- _Your objective_
In the records below, pick out all lines containing the word "dirty".

- _Provided data_
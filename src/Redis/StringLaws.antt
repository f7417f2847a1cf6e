-- ===== src/Redis/StringLaws.antt =====
-- What the string commands do to the database, the change counter and the reply.
use homemade.Prelude.{
  ◌&&◌, Bool-cases, arith, ◌+◌, ◌≡◌, ◌≢◌, refl, sym, ap, ◌∙◌, Option, none, some, [], ◌∷◌, ◌++◌,
  length, ◌>>=◌, Option-cases, inl, inr, ◌⊎◌, append_assoc,
}
use homemade.Prelude.Int.{ℤ, pos, negsuc, ◌+ℤ◌, ◌-ℤ◌}
use homemade.Dict.Types.{value_of}
use homemade.Dict.Ops.{find}
use homemade.Redis.Object.{
  Bytes, Obj, string, list, set_obj, hash_dict_type, hash_dict_type-IsLawful,
}
use homemade.Redis.Decimal.{
  print_ℤ, IsLlong, strtoll-print_ℤ, atoi, IsInt, is_int, is_llong, IsInt-is_int, is_int-IsInt,
  IsLlong-is_llong, is_llong-IsLlong,
}
use homemade.Redis.Shared
use homemade.Redis.State.{State, db, with_db, touch, add_reply, holds, IsReady, Writes, Keeps}
use homemade.Redis.Keyspace.{
  put-Writes, add-Writes, add-Keeps, replace-Writes, Writes-trans, Writes-answered, Keeps-answered,
}
use homemade.Redis.Strings.{
  number_line, set_command, setnx_command, get_command, get_reply, entry_value_to_ll,
  incr_decr_command, incr_command, decr_command, incrby_command, decrby_command,
}

zero_value : (o : Option Obj) → ((b : Bytes) → o ≢ some (string b)) → entry_value_to_ll o ≡ pos 0
unfolding entry_value_to_ll
zero_value none h = refl
zero_value (some (string b)) h = absurd (h b refl)
zero_value (some (list xs)) h = refl
zero_value (some (set_obj d)) h = refl

-- Where the selected database is a valid table with room for a key, SET stores the value under the key,
-- whatever the key held: the other keys and databases keep what they hold, the table stays valid, one
-- change is counted and the reply is +OK.
pub set_command-Writes :
    (k v : Bytes) (s : State)
    → IsReady s
    → (t : State) × (set_command k v s ≡ some t)
      × Writes s t k (some (string v))
      × (t.dirty ≡ s.dirty + 1)
      × (t.reply ≡ s.reply ++ Shared.ok ∷ [])
unfolding set_command
set_command-Writes k v s ready = elim (Option-cases (find hash_dict_type (db s) k)) [
  | inl absent ↦
      let (d, run, w) = add-Writes k s ready (string v) absent in
      (
        add_reply Shared.ok (touch (with_db d s)),
        rw (run, ◌>>=◌),
        Writes-answered _ _ w,
        refl,
        refl,
      )
  | inr (e, present) ↦
      let (d, run, keeps, ready') = add-Keeps k s ready (string v) e present in
      let (d', freed, run', w) = replace-Writes k (with_db d s) ready' (string v) in
      (
        add_reply Shared.ok (touch (with_db d' (with_db d s))),
        rw (run, ◌>>=◌, run'),
        Writes-answered _ _ (Writes-trans keeps w),
        refl,
        refl,
      )
]

-- Where the selected database is a valid table with room for a key, SETNX stores the value, counts a
-- change and replies 1 where the key is missing; where the database holds the key it keeps every
-- database, counts nothing and replies 0.
pub setnx_command-Writes :
    (k v : Bytes) (s : State)
    → IsReady s
    → (t : State) × (setnx_command k v s ≡ some t)
      × ((holds s k ≡ none)
            × Writes s t k (some (string v))
            × (t.dirty ≡ s.dirty + 1)
            × (t.reply ≡ s.reply ++ Shared.one ∷ [])
          ⊎ (holds s k ≢ none)
            × Keeps s t
            × (t.dirty ≡ s.dirty)
            × (t.reply ≡ s.reply ++ Shared.zero ∷ []))
unfolding setnx_command
setnx_command-Writes k v s ready = elim (Option-cases (find hash_dict_type (db s) k)) [
  | inl absent ↦
      let (d, run, w) = add-Writes k s ready (string v) absent in
      (
        add_reply Shared.one (touch (with_db d s)),
        rw (run, ◌>>=◌),
        inl (ap value_of absent, Writes-answered _ _ w, refl, refl),
      )
  | inr (e, present) ↦
      let (d, run, keeps, ready') = add-Keeps k s ready (string v) e present in
      (
        add_reply Shared.zero (with_db d s),
        rw (run, ◌>>=◌),
        inr (
          λ h. let h' : some e.val ≡ none = ap value_of (sym present) ∙ h in cc,
          Keeps-answered _ _ keeps,
          refl,
          refl,
        ),
      )
]

-- Where the selected database is a valid table with room for a key, GET after SET replies with the
-- value in bulk: the number of its bytes, the bytes, and CRLF, whatever the key held before.
pub get_command-set_command :
    (k v : Bytes) (s t : State)
    → IsReady s
    → set_command k v s ≡ some t
    → (get_command k t).reply ≡ s.reply ++ Shared.ok ∷ number_line (length v) ∷ v ∷ Shared.crlf ∷ []
unfolding get_command
get_command-set_command k v s t ready run =
    let (t', run', w, d, r) = set_command-Writes k v s ready in
    let e : t ≡ t' = cc in
    let here : holds t' k ≡ some (string v) =
      w.values k ∙ rw (hash_dict_type-IsLawful.same_refl k) refl in
    rw (e, here, get_reply) (rw r (simp append_assoc))

-- `z + delta` is stored and sent in decimal, and one change is counted.
pub record IsCounted (s : State) (k : Bytes) (z delta : ℤ) (t : State) : Type 0 where
  pub writes : Writes s t k (some (string (print_ℤ (z +ℤ delta))))
  pub dirty : t.dirty ≡ s.dirty + 1
  pub reply : t.reply ≡ (s.reply ++ print_ℤ (z +ℤ delta) ∷ []) ++ Shared.crlf ∷ []

-- The sum is counted where `delta` is an `int` and the sum a `long long`; else there is no result.
abbrev pub Counts : State → Bytes → ℤ → ℤ → Option State → Type 0
Counts s k z delta run =
    IsInt delta × IsLlong (z +ℤ delta) × ((t : State) × (run ≡ some t) × IsCounted s k z delta t)
    ⊎ (¬ (IsInt delta × IsLlong (z +ℤ delta))) × (run ≡ none)

incr_decr_command-Counts :
    (k : Bytes) (z delta : ℤ) (s : State)
    → IsReady s
    → holds s k ≡ some (string (print_ℤ z))
    → IsLlong z
    → Counts s k z delta (incr_decr_command k delta s)
unfolding incr_decr_command entry_value_to_ll
incr_decr_command-Counts k z delta s ready there fits =
    let (t, run, w, d, r) = put-Writes k (string (print_ℤ (z +ℤ delta))) s ready in
    elim (Bool-cases (is_int delta && is_llong (z +ℤ delta))) [
      | inl good ↦ inl (
        IsInt-is_int delta (ground (arith, good)),
        IsLlong-is_llong (z +ℤ delta) (ground (arith, good)),
        (
          add_reply Shared.crlf (add_reply (print_ℤ (z +ℤ delta)) (touch t)),
          rw (there, strtoll-print_ℤ z fits, good, run, ◌>>=◌) refl,
          record { writes = Writes-answered _ _ w; dirty = rw d refl; reply = rw r refl },
        ),
      )
      | inr bad ↦ inr (
        λ h.
            let a = is_int-IsInt delta h.0 in
            let b = is_llong-IsLlong (z +ℤ delta) h.1 in ground (arith, a, b, bad),
        rw (there, strtoll-print_ℤ z fits, bad) refl,
      )
    ]

-- Where the selected database is a valid table with room for a key that holds a `long long` in decimal: INCR
-- adds 1 to it, DECR subtracts 1, INCRBY adds its argument, read by `atoi`, and DECRBY subtracts it. If the
-- sum is a `long long` and what is added an `int`, the sum is stored and sent in decimal, one change is
-- counted, and nothing else changes; if not, the model has no result, as C leaves it undefined.
pub incr_commands-Count :
    (k by : Bytes) (z : ℤ) (s : State)
    → IsReady s
    → holds s k ≡ some (string (print_ℤ z))
    → IsLlong z
    → Counts s k z (pos 1) (incr_command k s)
      × Counts s k z (negsuc 0) (decr_command k s)
      × Counts s k z (atoi by) (incrby_command k by s)
      × Counts s k z (pos 0 -ℤ atoi by) (decrby_command k by s)
unfolding incr_command decr_command incrby_command decrby_command
incr_commands-Count k by z s ready there fits = (
  incr_decr_command-Counts k z (pos 1) s ready there fits,
  incr_decr_command-Counts k z (negsuc 0) s ready there fits,
  incr_decr_command-Counts k z (atoi by) s ready there fits,
  incr_decr_command-Counts k z (pos 0 -ℤ atoi by) s ready there fits,
)
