-- ===== src/Redis/Tests.antt =====
-- The theorems on the commands on strings and keys at a concrete server.
use homemade.Prelude.{◌≡◌, ◌≢◌, refl, none, some, [], ◌∷◌, arith, ◌⊎◌}
use homemade.Prelude.Int.{pos, negsuc, ◌-ℤ◌}
use homemade.Redis.Object.{codes, string, list}
use homemade.Redis.Decimal.{atoi}
use homemade.Redis.Shared
use homemade.Redis.State.{State, holds, Writes, Keeps}
use homemade.Redis.Strings.{
  set_command, get_command, incr_command, decr_command, incrby_command, decrby_command, number_line,
}
use homemade.Redis.StringLaws.{
  set_command-Writes, get_command-set_command, Counts, incr_commands-Count,
}
use homemade.Redis.Keys.{del_command, rename_command}
use homemade.Redis.KeyLaws.{del_command-Writes, IsRenamed, rename_command-IsRenamed}
use homemade.Redis.Samples.{server, server-IsOpen, server-IsReady, holds_s, holds_l, ran}

set_command-Writes_example :
    (t : State) × (set_command (codes "l") (codes "v") server ≡ some t)
    × Writes server t (codes "l") (some (string (codes "v")))
    × (t.dirty ≡ 1)
    × (t.reply ≡ Shared.ok ∷ [])
set_command-Writes_example = set_command-Writes (codes "l") (codes "v") server server-IsReady

abbrev after_set : State
after_set = ran (set_command (codes "m") (codes "v") server)

set_runs : set_command (codes "m") (codes "v") server ≡ some after_set
set_runs =
    let (t, run, _, _, _) = set_command-Writes (codes "m") (codes "v") server server-IsReady in
    rw run refl

get_command-set_command_example :
    (get_command (codes "m") after_set).reply
    ≡ Shared.ok ∷ number_line 1 ∷ codes "v" ∷ Shared.crlf ∷ []
get_command-set_command_example =
    get_command-set_command (codes "m") (codes "v") server after_set server-IsReady set_runs

incr_commands-Count_example :
    Counts server (codes "s") (negsuc 6) (pos 1) (incr_command (codes "s") server)
    × Counts server (codes "s") (negsuc 6) (negsuc 0) (decr_command (codes "s") server)
    × Counts server
        (codes "s")
        (negsuc 6)
        (atoi (codes "10"))
        (incrby_command (codes "s") (codes "10") server)
    × Counts server
        (codes "s")
        (negsuc 6)
        (pos 0 -ℤ atoi (codes "10"))
        (decrby_command (codes "s") (codes "10") server)
incr_commands-Count_example =
    incr_commands-Count (codes "s") (codes "10") (negsuc 6) server server-IsReady holds_s
      (omega arith, omega arith)

del_command-Writes_example :
    (holds server (codes "s") ≢ none)
      × Writes server (del_command (codes "s") server) (codes "s") none
      × ((del_command (codes "s") server).dirty ≡ 1)
      × ((del_command (codes "s") server).reply ≡ Shared.one ∷ [])
    ⊎ (holds server (codes "s") ≡ none)
      × Keeps server (del_command (codes "s") server)
      × ((del_command (codes "s") server).dirty ≡ 0)
      × ((del_command (codes "s") server).reply ≡ Shared.zero ∷ [])
del_command-Writes_example = del_command-Writes (codes "s") server server-IsOpen

-- RENAME of a key to itself loses it.
rename_command-IsRenamed_example :
    (t : State) × (rename_command (codes "l") (codes "l") server ≡ some t)
    × IsRenamed server t (codes "l") (codes "l") (list (codes "a" ∷ codes "b" ∷ codes "c" ∷ []))
rename_command-IsRenamed_example =
    rename_command-IsRenamed (codes "l") (codes "l") (list (codes "a" ∷ codes "b" ∷ codes "c" ∷ []))
      server server-IsReady holds_l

- _Result below_
      × (t.dirty ≡ s.dirty + 1)
            × (t.dirty ≡ s.dirty + 1)
            × (t.dirty ≡ s.dirty)
  pub dirty : t.dirty ≡ s.dirty + 1
          record { writes = Writes-answered _ _ w; dirty = rw d refl; reply = rw r refl },
    × (t.dirty ≡ 1)
      × ((del_command (codes "s") server).dirty ≡ 1)
      × ((del_command (codes "s") server).dirty ≡ 0)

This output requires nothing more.